◆ Records for this task
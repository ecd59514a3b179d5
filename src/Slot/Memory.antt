-- ===== src/Slot/Memory.antt =====
-- A slot in memory that other threads change too, and the loop of compare-exchanges that the
-- operations of src/page/slot.rs share.
use sharded_slab.Base.{ℕ, List, [], ◌∷◌, ◌==◌, if◌then◌else◌}

pub record Slot (T : Type 0) : Type 0 where
  pub lifecycle : ℕ
  -- the next free slot of the page
  pub next : ℕ
  pub item : T

-- How a call ends: it returns, panics, or does not leave its loop.
pub data Outcome (A : Type 0) : Type 0 where
  returns : A → Outcome A
  panics : Outcome A
  spins : Outcome A

-- The slot as one thread sees it. `others` lists what the other threads do to it before each of
-- the thread's next atomic accesses; when it is used up they leave the slot alone.
pub record World (T : Type 0) : Type 0 where
  pub slot : Slot T
  pub others : List (Slot T → Slot T)

infixl 5 ◌>>=◌
abbrev pub ◌>>=◌ : {A B : Type 0} → Outcome A → (A → Outcome B) → Outcome B
returns a >>= f = f a
panics >>= f = panics
spins >>= f = spins

-- One round of a loop `loop { …; match lifecycle.compare_exchange(seen, new) { … } }`: what the
-- body makes of the word that it has seen.
pub data Attempt (A : Type 0) : Type 0 where
  -- a return or a break
  finish : A → Attempt A
  -- store the word if the slot still has the one seen, and then return
  exchange : ℕ → A → Attempt A
  -- `unreachable!`
  unreachable : Attempt A

module _ {T : Type 0} where
  -- What the others do before an access.
  unfoldable pub after_others : List (Slot T → Slot T) → Slot T → World T
  after_others [] s = record { slot = s; others = [] }
  after_others (f ∷ fs) s = record { slot = f s; others = fs }

  unfoldable pub load : World T → World T
  load w = after_others w.others w.slot

  abbrev pub store : ℕ → Slot T → Slot T
  store word s = record s { lifecycle = word }

  -- The loop, from a slot whose word has just been read. A failed exchange reads it again.
  unfoldable pub cas_loop :
      {A : Type 0} → (ℕ → Attempt A) → List (Slot T → Slot T) → Slot T → Outcome (A × World T)
  cas_loop body [] s = elim (body s.lifecycle) [
    | finish a ↦ returns (a, record { slot = s; others = [] })
    | exchange new a ↦ returns (a, record { slot = store new s; others = [] })
    | unreachable ↦ panics
  ]
  cas_loop body (f ∷ fs) s =
      let retry = cas_loop body fs (f s) in
      elim (body s.lifecycle) [
        | finish a ↦ returns (a, record { slot = s; others = f ∷ fs })
        | exchange new a ↦
            if (f s).lifecycle == s.lifecycle
            then returns (a, record { slot = store new (f s); others = fs })
            else retry
        | unreachable ↦ panics
      ]

  -- The loop with the load before it.
  unfoldable pub run : {A : Type 0} → (ℕ → Attempt A) → World T → Outcome (A × World T)
  run body w = let w' = load w in cas_loop body w'.others w'.slot
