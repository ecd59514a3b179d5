-- ===== src/Lifecycle.antt =====
-- The lifecycle word of a slot (src/page/slot.rs): `State`, `Lifecycle`, `RefCount`, `Generation`
-- and `LifecycleGen`, with their impls of `Pack`. A `Generation` or a `RefCount` is its number.
pub mod Encode
use Prim.Native.Nat.{bit_and}
use sharded_slab.Base.{
  ℕ, ◌+◌, ◌-◌, ◌%◌, ◌^◌, Bool, true, false, Option, none, some, leb, ◌==◌, if◌then◌else◌,
}
use sharded_slab.Pack.{bits, mask, pack, from_packed}
use sharded_slab.Config.{
  Config, gen_field, lifecycle_field, ref_count_field, lifecycle_gen_field, max_refs,
}

pub data State : Type 0 where
  present marked removing : State

-- `State::Present as usize` and so on.
abbrev pub as_usize : State → ℕ
as_usize State.present = 0b00
as_usize State.marked = 0b01
as_usize State.removing = 0b11

abbrev pub state_eq : State → State → Bool
state_eq State.present State.present = true
state_eq State.marked State.marked = true
state_eq State.removing State.removing = true
state_eq _ _ = false

-- `Lifecycle::from_usize`; `none` is the panic "weird lifecycle".
unfoldable pub state_from_usize : Config → ℕ → Option State
unfolding mask
state_from_usize c u =
    let masked = bit_and u (mask c.width lifecycle_field) in
    if masked == 0b00
    then some State.present
    else if masked == 0b01
    then some State.marked
    else if masked == 0b11
    then some State.removing
    else none

unfoldable pub state_from_packed : Config → ℕ → Option State
unfolding state_from_usize from_packed
state_from_packed c from = state_from_usize c (from_packed c.width lifecycle_field from)

unfoldable pub pack_state : Config → State → ℕ → ℕ
unfolding pack
pack_state c state to = pack c.width lifecycle_field (as_usize state) to

unfoldable pub refs_from_packed : Config → ℕ → ℕ
unfolding ref_count_field from_packed
refs_from_packed c from = from_packed c.width (ref_count_field c) from

unfoldable pub pack_refs : Config → ℕ → ℕ → ℕ
unfolding ref_count_field pack
pack_refs c refs to = pack c.width (ref_count_field c) refs to

unfoldable pub gen_from_packed : Config → ℕ → ℕ
unfolding lifecycle_gen_field from_packed
gen_from_packed c from = from_packed c.width (lifecycle_gen_field c) from

unfoldable pub pack_gen : Config → ℕ → ℕ → ℕ
unfolding lifecycle_gen_field pack
pack_gen c gen to = pack c.width (lifecycle_gen_field c) gen to

-- `Generation::advance`
unfoldable pub advance : Config → ℕ → ℕ
unfolding gen_field bits
advance c gen = (gen + 1) % bits (gen_field c)

-- `RefCount::incr`
unfoldable pub incr : Config → ℕ → Option ℕ
unfolding max_refs
incr c refs = if leb (max_refs c) refs then none else some (refs + 1)

-- `RefCount::decr`; the subtraction wraps.
unfoldable pub decr : Config → ℕ → ℕ
decr c refs = (refs + 2 ^ c.width - 1) % 2 ^ c.width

◆ Task statement
Restate the tail of the listing word for word, beginning at the line containing "unfolding ref_count_field from_packed".

◆ Response
unfolding ref_count_field from_packed
refs_from_packed c from = from_packed c.width (ref_count_field c) from

unfoldable pub pack_refs : Config → ℕ → ℕ → ℕ
unfolding ref_count_field pack
pack_refs c refs to = pack c.width (ref_count_field c) refs to

unfoldable pub gen_from_packed : Config → ℕ → ℕ
unfolding lifecycle_gen_field from_packed
gen_from_packed c from = from_packed c.width (lifecycle_gen_field c) from

unfoldable pub pack_gen : Config → ℕ → ℕ → ℕ
unfolding lifecycle_gen_field pack
pack_gen c gen to = pack c.width (lifecycle_gen_field c) gen to

-- `Generation::advance`
unfoldable pub advance : Config → ℕ → ℕ
unfolding gen_field bits
advance c gen = (gen + 1) % bits (gen_field c)

-- `RefCount::incr`
unfoldable pub incr : Config → ℕ → Option ℕ
unfolding max_refs
incr c refs = if leb (max_refs c) refs then none else some (refs + 1)

-- `RefCount::decr`; the subtraction wraps.
unfoldable pub decr : Config → ℕ → ℕ
decr c refs = (refs + 2 ^ c.width - 1) % 2 ^ c.width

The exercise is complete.